Start with the first line of the records below. Output each line exactly, ending with the one that contains "(c : QuarantinedCase) (rows : Cases)".
[SUPPLIED ENTRIES]
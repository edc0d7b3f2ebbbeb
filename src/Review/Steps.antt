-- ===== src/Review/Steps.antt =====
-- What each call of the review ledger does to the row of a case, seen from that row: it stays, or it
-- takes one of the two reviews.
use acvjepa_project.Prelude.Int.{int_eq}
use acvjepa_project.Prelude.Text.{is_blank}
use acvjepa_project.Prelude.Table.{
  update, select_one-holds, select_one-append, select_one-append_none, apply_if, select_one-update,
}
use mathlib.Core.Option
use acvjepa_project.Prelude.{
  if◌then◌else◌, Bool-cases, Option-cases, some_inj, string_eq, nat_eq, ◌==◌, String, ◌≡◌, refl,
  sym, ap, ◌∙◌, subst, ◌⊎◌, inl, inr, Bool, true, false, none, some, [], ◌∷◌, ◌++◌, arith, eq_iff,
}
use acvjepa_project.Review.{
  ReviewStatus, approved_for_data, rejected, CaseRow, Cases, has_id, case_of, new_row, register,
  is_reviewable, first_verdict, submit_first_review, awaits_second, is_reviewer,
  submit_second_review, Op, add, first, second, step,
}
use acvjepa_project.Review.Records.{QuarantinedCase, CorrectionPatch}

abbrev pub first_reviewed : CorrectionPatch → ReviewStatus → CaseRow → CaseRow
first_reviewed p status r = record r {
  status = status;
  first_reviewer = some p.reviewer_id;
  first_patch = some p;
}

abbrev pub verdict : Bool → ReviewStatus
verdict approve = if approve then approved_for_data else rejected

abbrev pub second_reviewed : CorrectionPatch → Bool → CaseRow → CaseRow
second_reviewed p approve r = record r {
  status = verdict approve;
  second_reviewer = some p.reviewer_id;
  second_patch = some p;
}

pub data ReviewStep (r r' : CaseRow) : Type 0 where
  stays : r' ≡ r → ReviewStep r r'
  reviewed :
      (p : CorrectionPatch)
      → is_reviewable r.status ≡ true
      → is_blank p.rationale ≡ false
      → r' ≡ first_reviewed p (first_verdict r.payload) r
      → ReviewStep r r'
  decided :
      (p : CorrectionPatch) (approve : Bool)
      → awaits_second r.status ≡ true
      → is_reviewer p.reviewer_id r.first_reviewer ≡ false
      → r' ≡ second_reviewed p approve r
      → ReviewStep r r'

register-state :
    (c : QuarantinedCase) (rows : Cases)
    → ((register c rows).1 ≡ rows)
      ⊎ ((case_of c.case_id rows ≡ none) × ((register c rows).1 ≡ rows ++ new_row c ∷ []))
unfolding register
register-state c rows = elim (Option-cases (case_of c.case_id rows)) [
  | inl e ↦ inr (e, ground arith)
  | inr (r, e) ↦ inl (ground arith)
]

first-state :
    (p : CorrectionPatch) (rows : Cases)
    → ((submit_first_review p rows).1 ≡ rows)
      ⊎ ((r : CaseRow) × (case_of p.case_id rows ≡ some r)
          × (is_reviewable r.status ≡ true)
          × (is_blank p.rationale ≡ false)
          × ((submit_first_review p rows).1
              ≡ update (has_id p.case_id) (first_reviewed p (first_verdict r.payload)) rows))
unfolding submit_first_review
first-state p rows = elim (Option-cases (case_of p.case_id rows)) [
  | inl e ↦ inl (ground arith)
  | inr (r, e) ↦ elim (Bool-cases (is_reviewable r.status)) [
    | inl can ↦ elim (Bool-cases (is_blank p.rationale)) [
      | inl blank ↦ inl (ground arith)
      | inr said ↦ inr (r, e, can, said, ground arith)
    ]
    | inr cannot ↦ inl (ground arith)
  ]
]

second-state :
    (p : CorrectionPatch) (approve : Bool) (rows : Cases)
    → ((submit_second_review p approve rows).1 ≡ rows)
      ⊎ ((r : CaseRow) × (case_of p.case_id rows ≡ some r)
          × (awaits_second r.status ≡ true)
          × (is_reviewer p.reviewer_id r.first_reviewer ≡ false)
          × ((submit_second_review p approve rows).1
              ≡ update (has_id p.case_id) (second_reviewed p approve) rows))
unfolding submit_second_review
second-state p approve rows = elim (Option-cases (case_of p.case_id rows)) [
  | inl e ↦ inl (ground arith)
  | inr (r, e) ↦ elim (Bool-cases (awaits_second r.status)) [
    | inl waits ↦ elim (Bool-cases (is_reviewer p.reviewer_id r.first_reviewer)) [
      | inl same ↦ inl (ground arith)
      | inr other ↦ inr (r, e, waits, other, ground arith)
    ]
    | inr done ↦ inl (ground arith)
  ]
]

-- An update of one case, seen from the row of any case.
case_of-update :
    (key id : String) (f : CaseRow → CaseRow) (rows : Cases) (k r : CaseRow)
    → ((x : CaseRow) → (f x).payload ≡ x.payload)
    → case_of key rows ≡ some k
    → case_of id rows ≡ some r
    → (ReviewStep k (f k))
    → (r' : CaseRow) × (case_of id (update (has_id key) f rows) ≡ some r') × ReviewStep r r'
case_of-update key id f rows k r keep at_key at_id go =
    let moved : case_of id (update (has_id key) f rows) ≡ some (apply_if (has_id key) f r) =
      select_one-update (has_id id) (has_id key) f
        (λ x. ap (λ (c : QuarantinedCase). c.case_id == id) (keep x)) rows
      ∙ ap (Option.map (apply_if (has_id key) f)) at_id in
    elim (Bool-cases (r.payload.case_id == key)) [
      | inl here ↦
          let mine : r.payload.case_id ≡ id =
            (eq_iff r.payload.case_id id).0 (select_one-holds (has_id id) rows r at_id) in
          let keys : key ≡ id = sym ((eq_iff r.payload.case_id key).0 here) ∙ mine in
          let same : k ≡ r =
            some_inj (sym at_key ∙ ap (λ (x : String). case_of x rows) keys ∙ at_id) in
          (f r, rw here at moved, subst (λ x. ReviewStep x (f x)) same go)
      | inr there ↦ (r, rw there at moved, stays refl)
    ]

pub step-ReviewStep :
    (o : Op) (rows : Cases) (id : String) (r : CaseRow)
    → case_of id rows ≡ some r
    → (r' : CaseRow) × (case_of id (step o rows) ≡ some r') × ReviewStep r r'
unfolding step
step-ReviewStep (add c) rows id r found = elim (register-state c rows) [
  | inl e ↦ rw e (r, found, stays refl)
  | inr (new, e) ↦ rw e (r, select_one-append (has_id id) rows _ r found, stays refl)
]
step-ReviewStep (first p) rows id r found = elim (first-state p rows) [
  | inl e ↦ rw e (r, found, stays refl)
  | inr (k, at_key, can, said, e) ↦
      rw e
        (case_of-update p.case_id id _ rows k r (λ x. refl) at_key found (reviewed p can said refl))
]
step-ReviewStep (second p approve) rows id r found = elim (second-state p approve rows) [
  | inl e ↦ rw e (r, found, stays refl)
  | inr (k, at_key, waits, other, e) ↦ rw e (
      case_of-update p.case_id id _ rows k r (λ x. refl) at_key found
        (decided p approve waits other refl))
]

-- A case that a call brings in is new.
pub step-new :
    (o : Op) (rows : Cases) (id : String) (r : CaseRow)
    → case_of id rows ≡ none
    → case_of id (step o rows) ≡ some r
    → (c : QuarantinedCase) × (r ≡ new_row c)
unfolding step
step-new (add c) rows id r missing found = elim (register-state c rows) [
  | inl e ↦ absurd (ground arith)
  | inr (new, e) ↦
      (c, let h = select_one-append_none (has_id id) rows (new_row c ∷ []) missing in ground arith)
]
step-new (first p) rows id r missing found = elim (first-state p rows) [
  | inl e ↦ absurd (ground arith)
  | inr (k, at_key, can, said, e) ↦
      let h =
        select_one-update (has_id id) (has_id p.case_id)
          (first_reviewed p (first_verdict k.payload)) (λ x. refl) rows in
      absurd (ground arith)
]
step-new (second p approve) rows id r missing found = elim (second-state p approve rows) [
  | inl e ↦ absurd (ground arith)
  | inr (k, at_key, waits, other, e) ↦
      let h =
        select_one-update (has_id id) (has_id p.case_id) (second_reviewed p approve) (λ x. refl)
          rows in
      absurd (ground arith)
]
[/SUPPLIED ENTRIES]
**RESULT OF THIS TASK:**
repository edc0d7b3f2ebbbeb
filename src/Review/Steps.antt
-- ===== src/Review/Steps.antt =====
-- What each call of the review ledger does to the row of a case, seen from that row: it stays, or it
-- takes one of the two reviews.
use acvjepa_project.Prelude.Int.{int_eq}
use acvjepa_project.Prelude.Text.{is_blank}
use acvjepa_project.Prelude.Table.{
  update, select_one-holds, select_one-append, select_one-append_none, apply_if, select_one-update,
}
use mathlib.Core.Option
use acvjepa_project.Prelude.{
  if◌then◌else◌, Bool-cases, Option-cases, some_inj, string_eq, nat_eq, ◌==◌, String, ◌≡◌, refl,
  sym, ap, ◌∙◌, subst, ◌⊎◌, inl, inr, Bool, true, false, none, some, [], ◌∷◌, ◌++◌, arith, eq_iff,
}
use acvjepa_project.Review.{
  ReviewStatus, approved_for_data, rejected, CaseRow, Cases, has_id, case_of, new_row, register,
  is_reviewable, first_verdict, submit_first_review, awaits_second, is_reviewer,
  submit_second_review, Op, add, first, second, step,
}
use acvjepa_project.Review.Records.{QuarantinedCase, CorrectionPatch}

abbrev pub first_reviewed : CorrectionPatch → ReviewStatus → CaseRow → CaseRow
first_reviewed p status r = record r {
  status = status;
  first_reviewer = some p.reviewer_id;
  first_patch = some p;
}

abbrev pub verdict : Bool → ReviewStatus
verdict approve = if approve then approved_for_data else rejected

abbrev pub second_reviewed : CorrectionPatch → Bool → CaseRow → CaseRow
second_reviewed p approve r = record r {
  status = verdict approve;
  second_reviewer = some p.reviewer_id;
  second_patch = some p;
}

pub data ReviewStep (r r' : CaseRow) : Type 0 where
  stays : r' ≡ r → ReviewStep r r'
  reviewed :
      (p : CorrectionPatch)
      → is_reviewable r.status ≡ true
      → is_blank p.rationale ≡ false
      → r' ≡ first_reviewed p (first_verdict r.payload) r
      → ReviewStep r r'
  decided :
      (p : CorrectionPatch) (approve : Bool)
      → awaits_second r.status ≡ true
      → is_reviewer p.reviewer_id r.first_reviewer ≡ false
      → r' ≡ second_reviewed p approve r
      → ReviewStep r r'

register-state :
    (c : QuarantinedCase) (rows : Cases)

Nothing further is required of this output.